Differences between IRR vs XIRR
IRR determines the internal rate of return of by only considering the discount rate and ignoring the cost of capital, risk-free rate, etc. In other words, it makes the net present value (NPV) of all cash flows equal to zero in a discounted cash flow analysis. Whereas, the XIRR function determines the value of an investment or project feasibility when the cash flows are not periodic. It helps one accurately model cash flows over variable time intervals while considering the discount rates and corresponding dates.
Both IRR and XIRR are used in financial modeling to evaluate investments.
Table of contents
- Both XIRR and IRR are used to find the IRR of a project in Excel.
- However, the IRR assumes that the time periods between the cash flows of a project are equal, whereas XIRR takes into consideration the cash flow dates and is more flexible.
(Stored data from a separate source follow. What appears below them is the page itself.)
-- ===== src/JobManager/Consistency.antt =====
-- Each step keeps the identifiers together and the order of the requests.
use mathlib.Core.List.{append_assoc}
use quick_mpc.Prelude.{
  ℕ, suc, ◌+◌, ◌≤◌, ◌≡◌, refl, sym, ap, ◌∙◌, true, false, inl, inr, none, some, List, [], ◌∷◌, ◌++◌,
  ltb, arith, length, length-append, Bool-cases, Option-cases, ltb→lt,
}
use quick_mpc.TransactionQueue.{pop, push}
use quick_mpc.JobManager.{
  Thread, State, max_job_num, push_job_ids, constructed, push_job_req, take_request, send_job_info,
  start_job, thread_at, end_thread,
}
use quick_mpc.JobManager.Steps.{
  total, returns, total_returns, total_returns-append, total_returns-thread_at, total_returns-table,
  total-append, WorkStep, takes, starts, ends, Step, works, pushes, Reach, built, next, all_ids,
  taken_list, requests_of, IsConsistent,
}
use quick_mpc.TransactionQueue.Laws.{pop-cons}

push_job_ids-all :
    (max_size : ℕ) → max_job_num ≤ max_size → push_job_ids max_size max_job_num 1 [] ≡ some all_ids
unfolding push_job_ids all_ids push
push_job_ids-all max_size h = ground arith

push-total :
    (max_size : ℕ) (v : ℕ → ℕ) (id : ℕ) (q q' : List ℕ)
    → push max_size id q ≡ some q'
    → total v q' ≡ total v q + v id
unfolding push total
push-total max_size v id q q' e = ground (arith, e, total-append v q (id ∷ []))

requests_of-append :
    {R : Type 0} (xs : List (ℕ × R)) (id : ℕ) (r : R)
    → requests_of (xs ++ (id, r) ∷ []) ≡ requests_of xs ++ r ∷ []
requests_of-append [] id r = refl
requests_of-append ((j, q) ∷ xs) id r = ap (◌∷◌ q) (requests_of-append xs id r)

module _ {R : Type 0} (max_size n_parties party_id : ℕ) (fits : max_job_num ≤ max_size)
    (present : 1 ≤ party_id) (known : party_id ≤ n_parties) where
  constructed-IsConsistent : (s : State R) → constructed max_size ≡ some s → IsConsistent max_size s
  unfolding constructed total total_returns
  constructed-IsConsistent s e =
      let at : record {
        job_ids = all_ids;
        job_requests = [];
        taken = none;
        threads = [];
        pushed = [];
        started = [];
      }
          ≡ s =
        ground (arith, e, push_job_ids-all max_size fits) in
      rw (← at) (record { balance = λ v. omega arith; order = refl; bounded = omega arith })

  take_request-IsConsistent :
      (s t : State R) → IsConsistent max_size s → take_request s ≡ some t → IsConsistent max_size t
  unfolding take_request pop
  take_request-IsConsistent s t c e = elim (Option-cases s.taken) [
    | inr (r, busy) ↦ absurd (ground (arith, e, busy))
    | inl free ↦ elim (Option-cases (pop s.job_requests)) [
      | inl waits ↦ absurd (ground (arith, e, free, waits))
      | inr ((r, q), got) ↦
          let popped = pop-cons s.job_requests r q got in
          let at : record s { job_requests = q; taken = some r } ≡ t =
            ground (arith, e, free, got) in
          rw (← at) (record {
            balance = c.balance;
            order = c.order ∙ rw (free, popped) refl;
            bounded =
                (let shorter : length s.job_requests ≡ suc (length q) = ap length popped in
                  omega (arith, c.bounded));
          })
    ]
  ]

  start-balance :
      (v : ℕ → ℕ) (id : ℕ) (q : List ℕ) (ths : List (Thread R)) (r : R)
      → total v (id ∷ q) + total_returns v ths ≡ total v all_ids
      → total v q + total_returns v (ths ++ send_job_info n_parties party_id r id) ≡ total v all_ids
  unfolding total send_job_info
  start-balance v id q ths r h =
      rw
        (
          total_returns-append v ths (send_job_info n_parties party_id r id),
          total_returns-table v n_parties 1 party_id id r,
        )
        (ground (arith, h, present, known))

  start_job-IsConsistent :
      (s t : State R)
      → IsConsistent max_size s
      → start_job n_parties party_id s ≡ some t
      → IsConsistent max_size t
  unfolding start_job pop send_job_info
  start_job-IsConsistent s t c e = elim (Option-cases s.taken) [
    | inl free ↦ absurd (ground (arith, e, free))
    | inr (r, busy) ↦ elim (Option-cases (pop s.job_ids)) [
      | inl waits ↦ absurd (ground (arith, e, busy, waits))
      | inr ((id, q), got) ↦
          let popped = pop-cons s.job_ids id q got in
          let at : record s {
            job_ids = q;
            taken = none;
            threads = s.threads ++ send_job_info n_parties party_id r id;
            started = s.started ++ (id, r) ∷ [];
          }
              ≡ t =
            ground (arith, e, busy, got) in
          rw (← at) (record {
            balance = λ v. start-balance v id q (s.threads) r (rw (← popped) (c.balance v));
            order =
                c.order
                ∙ rw (busy, requests_of-append s.started id r)
                    (sym (append_assoc (requests_of s.started) (r ∷ []) s.job_requests));
            bounded = c.bounded;
          })
    ]
  ]

  returns-other : (v : ℕ → ℕ) (th : Thread R) → th.is_job_trigger_party ≡ false → returns v th ≡ 0
  unfolding returns
  returns-other v th e = ground (arith, e)

  returns-trigger :
      (v : ℕ → ℕ) (th : Thread R) → th.is_job_trigger_party ≡ true → returns v th ≡ v th.job_id
  unfolding returns
  returns-trigger v th e = ground (arith, e)

  end-balance :
      (v : ℕ → ℕ) (i : ℕ) (s : State R) (th : Thread R) (rest : List (Thread R)) (q : List ℕ)
      → IsConsistent max_size s
      → thread_at i s.threads ≡ some (th, rest)
      → th.is_job_trigger_party ≡ true
      → push max_size th.job_id s.job_ids ≡ some q
      → total v q + total_returns v rest ≡ total v all_ids
  end-balance v i s th rest q c found trigger pushed = omega (
    arith,
    c.balance v,
    total_returns-thread_at v i s.threads rest th found,
    returns-trigger v th trigger,
    push-total max_size v th.job_id s.job_ids q pushed,
  )

  end_thread-IsConsistent :
      (i : ℕ) (s t : State R)
      → IsConsistent max_size s
      → end_thread max_size i s ≡ some t
      → IsConsistent max_size t
  unfolding end_thread
  end_thread-IsConsistent i s t c e = elim (Option-cases (thread_at i s.threads)) [
    | inl no_thread ↦ absurd (ground (arith, e, no_thread))
    | inr ((th, rest), found) ↦ elim (Bool-cases th.is_job_trigger_party) [
      | inl trigger ↦ elim (Option-cases (push max_size th.job_id s.job_ids)) [
        | inl waits ↦ absurd (ground (arith, e, found, trigger, waits))
        | inr (q, pushed) ↦
            let at : record s { job_ids = q; threads = rest } ≡ t =
              ground (arith, e, found, trigger, pushed) in
            rw (← at) (record {
              balance = λ v. end-balance v i s th rest q c found trigger pushed;
              order = c.order;
              bounded = c.bounded;
            })
      ]
      | inr other ↦
          let at : record s { threads = rest } ≡ t = ground (arith, e, found, other) in
          rw (← at) (record {
            balance = λ v.
                (let kept = total_returns-thread_at v i s.threads rest th found in
                  omega (arith, kept, c.balance v, returns-other v th other));
            order = c.order;
            bounded = c.bounded;
          })
    ]
  ]

  push_job_req-IsConsistent :
      (r : R) (s t : State R)
      → IsConsistent max_size s
      → push_job_req max_size r s ≡ some t
      → IsConsistent max_size t
  unfolding push_job_req push
  push_job_req-IsConsistent r s t c e = elim (Bool-cases (ltb (length s.job_requests) max_size)) [
    | inr full ↦ absurd (ground (arith, e, full))
    | inl free ↦
        let at : record s { job_requests = s.job_requests ++ r ∷ []; pushed = s.pushed ++ r ∷ [] }
            ≡ t =
          ground (arith, e, free) in
        rw (← at) (record {
          balance = c.balance;
          order =
              ap (λ (x : List R). x ++ r ∷ []) c.order
              ∙ append_assoc (requests_of s.started) (taken_list s.taken ++ s.job_requests) (r ∷ [])
              ∙ ap (◌++◌ (requests_of s.started))
                  (append_assoc (taken_list s.taken) s.job_requests (r ∷ []));
          bounded = omega (
            arith,
            ltb→lt (length s.job_requests) max_size free,
            length-append s.job_requests (r ∷ []),
          );
        })
  ]

  WorkStep-IsConsistent :
      (s t : State R)
      → IsConsistent max_size s
      → WorkStep max_size n_parties party_id s t
      → IsConsistent max_size t
  WorkStep-IsConsistent s t c (takes e) = take_request-IsConsistent s t c e
  WorkStep-IsConsistent s t c (starts e) = start_job-IsConsistent s t c e
  WorkStep-IsConsistent s t c (ends i e) = end_thread-IsConsistent i s t c e

  Step-IsConsistent :
      (s t : State R)
      → IsConsistent max_size s
      → Step max_size n_parties party_id s t
      → IsConsistent max_size t
  Step-IsConsistent s t c (works w) = WorkStep-IsConsistent s t c w
  Step-IsConsistent s t c (pushes r e) = push_job_req-IsConsistent r s t c e

  pub Reach-IsConsistent :
      {s : State R} → Reach max_size n_parties party_id s → IsConsistent max_size s
  Reach-IsConsistent (built {s} e) = constructed-IsConsistent s e
  Reach-IsConsistent (next {s} {t} r st) = Step-IsConsistent s t (Reach-IsConsistent r) st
- The IRR makes the net present value of a project zero and provides an annualized rate of return.
- If you compare IRR vs XIRR, XIRR is the more preferred calculation whereas IRR may be used for finding the internal rates of interest for periodic cash flows when a simple calculation is needed.
What is IRR?
The IRR function is used to calculate cash flows at regular intervals. It provides an annualized rate of return. Since it can be used to compare the profitability of investments at standard time intervals with regular cash flow, which may not always be the case, it is considered less accurate.
IRR Formula with Example
By now, we all know that the IRR is used to measure the profitability of an investment. So, by the name itself, we know that IRR considers internal factors and is used to compare and choose between capital projects.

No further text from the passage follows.